I was intrigued by the potential to build a machine that could physically look like humans and do things that humans can do. I knew that if we wanted to make robots smart, we would need to enable Artificial Intelligence.
After completing her undergraduate degree in Beijing, She obtained her Ph.D from Berkeley in 2017, where she worked in Mechanical Systems & Control Lab. Prior to joining CMU, Dr. Liu was a postdoc at Stanford Intelligent Systems Laboratory.
What brought you to CMU?
My primary research focus is on the design and verification of intelligent systems that work with people, with application to manufacturing and transportation. CMU has a truly unique Robotics Institute. It’s incomparable. We collaborate across multiple disciplines. Conventionally robotics resides in Computer Science or Mechanical Engineering, but CMU has a standalone department. Robotics is cross-disciplinary. As you are solving problems, you need to bring these disciplines together.
Tell me more about your research?
I’m just starting to build my Lab. I have 7 PhD students, 3 master students, some visitors, and some staff members. My hope is that half of my PhD students will go into academia and half will go into industry. We have two big collaborative projects with industry: One is with Siemens and Yaskawa. In that project, we are applying real time robot motion planning and control techniques to solve a very specific manufacturing problems, to polish the interior of a big pipe-like workpiece.

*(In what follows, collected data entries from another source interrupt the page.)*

-- ===== src/PermissionSync/Managed.antt =====
-- The relationships of the desired state: they lie under the connection's prefix, and none of them is
-- a direct grant of the other authority.
use knowledge_graph_mvp.Prelude.{
  All-at, Bool, Bool-cases, In, List, Option, String, Text, [], any, any-find, arith, contains,
  eq_of_==, false, if◌then◌else◌, inl, inr, is_empty, label_eq_iff, list_eq, nat_eq, none, not,
  refl, some, string_eq, subst, sym, true, ◌&&◌, ◌==◌, ◌||◌, ◌∷◌, ◌≡◌,
}
use knowledge_graph_mvp.DriveAcl.{Permission, is_set, is_label}
use knowledge_graph_mvp.SpiceDb.{tuple_eq}
use knowledge_graph_mvp.PermissionSync.{
  supported_roles, permissions_reason, principal_email, role_relation,
}

pub role-managed :
    (role : Option String)
    → any (is_label role) supported_roles ≡ true
    → (role_relation role == "oauth_viewer") ≡ false
unfolding role_relation any
role-managed none h = cc
role-managed (some r) h =
    let (x, i, e) = any-find (is_label (some r)) supported_roles h in
    subst NotDirect (sym (eq_of_== r x e))
      (All-at NotDirect x supported_roles (refl, (refl, (refl, (refl, (refl, (refl, tt)))))) i)
  where
    NotDirect : String → Type 0
    NotDirect z = (role_relation (some z) == "oauth_viewer") ≡ false

-- What an access list without a reason says of each of its entries.
pub record IsAccepted (unresolved : List Text) (p : Permission) : Type 0 where
  pub role_supported : any (is_label p.role) supported_roles ≡ true
  pub type_supported : is_label p.type "user" || is_label p.type "group" ≡ true
  pub has_email : is_empty (principal_email p) ≡ false
  pub not_pending : is_set p.pending_owner ≡ false
  pub resolved : is_label p.type "group" && contains unresolved (principal_email p) ≡ false

-- A test that was passed over on the way to the reason "".
pub unless_label :
    (test : Bool) (reason rest : String)
    → (reason == "") ≡ false
    → if◌then◌else◌ test reason rest ≡ ""
    → (test ≡ false) × (rest ≡ "")
unless_label true reason rest n h = absurd (ground (arith, label_eq_iff reason ""))
unless_label false reason rest n h = (refl, h)

accepted_head :
    (unresolved : List Text) (q : Permission) (qs : List Permission)
    → is_set q.deleted ≡ false
    → permissions_reason unresolved (q ∷ qs) ≡ ""
    → IsAccepted unresolved q × (permissions_reason unresolved qs ≡ "")
unfolding permissions_reason
accepted_head unresolved q qs d h =
    let unsupported : Bool =
      not (any (is_label q.role) supported_roles)
      || (not (is_label q.type "user" || is_label q.type "group")
          || is_empty (principal_email q)) in
    let (a, h1) =
      unless_label unsupported "unsupported_permission" _ refl (rw (d, permissions_reason) at h) in
    let (b, h2) =
      unless_label (is_set q.pending_owner) "permission_metadata_incomplete" _ refl h1 in
    let (c, h3) =
      unless_label (is_label q.type "group" && contains unresolved (principal_email q))
        "group_membership_unresolved" (permissions_reason unresolved qs) refl h2 in
    (
      record {
        role_supported = ground arith;
        type_supported = ground arith;
        has_email = ground arith;
        not_pending = b;
        resolved = c;
      },
      h3,
    )

accepted_tail :
    (unresolved : List Text) (q : Permission) (qs : List Permission)
    → permissions_reason unresolved (q ∷ qs) ≡ ""
    → permissions_reason unresolved qs ≡ ""
unfolding permissions_reason
accepted_tail unresolved q qs h = elim (Bool-cases (is_set q.deleted)) [
  | inl d ↦ rw (d, permissions_reason) at h
  | inr d ↦ (accepted_head unresolved q qs d h).1
]

pub permissions_reason-IsAccepted :
    (unresolved : List Text) (p : Permission) (ps : List Permission)
    → permissions_reason unresolved ps ≡ ""
    → In p ps
    → is_set p.deleted ≡ false
    → IsAccepted unresolved p
permissions_reason-IsAccepted unresolved p [] h i d = absurd i
permissions_reason-IsAccepted unresolved p (q ∷ qs) h (inl e) d =
    subst (IsAccepted unresolved) (sym e)
      (accepted_head unresolved q qs (subst (λ z. is_set z.deleted ≡ false) e d) h).0
permissions_reason-IsAccepted unresolved p (q ∷ qs) h (inr i) d =
    permissions_reason-IsAccepted unresolved p qs (accepted_tail unresolved q qs h) i d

My other project is to assemble a very accurate and flexible robotic platform that can do delicate PCB assembly. We are using a lot of real time motion planning and control skills and real time learning skills in order for the robot to adapt to the variety of pieces and types of defects. At a high level you can classify all of these projects as real time planning and control under uncertainty. But the real time requirements and sources of uncertainty are different.
In the assembling use case, we have pins on IC chips that can be bent. The robot learns from the failed insertion and then adjusts the strategy.
Our work on Advanced Robotics for Manufacturing
Do you see a trend for more commercially sponsored research vs. government sponsored?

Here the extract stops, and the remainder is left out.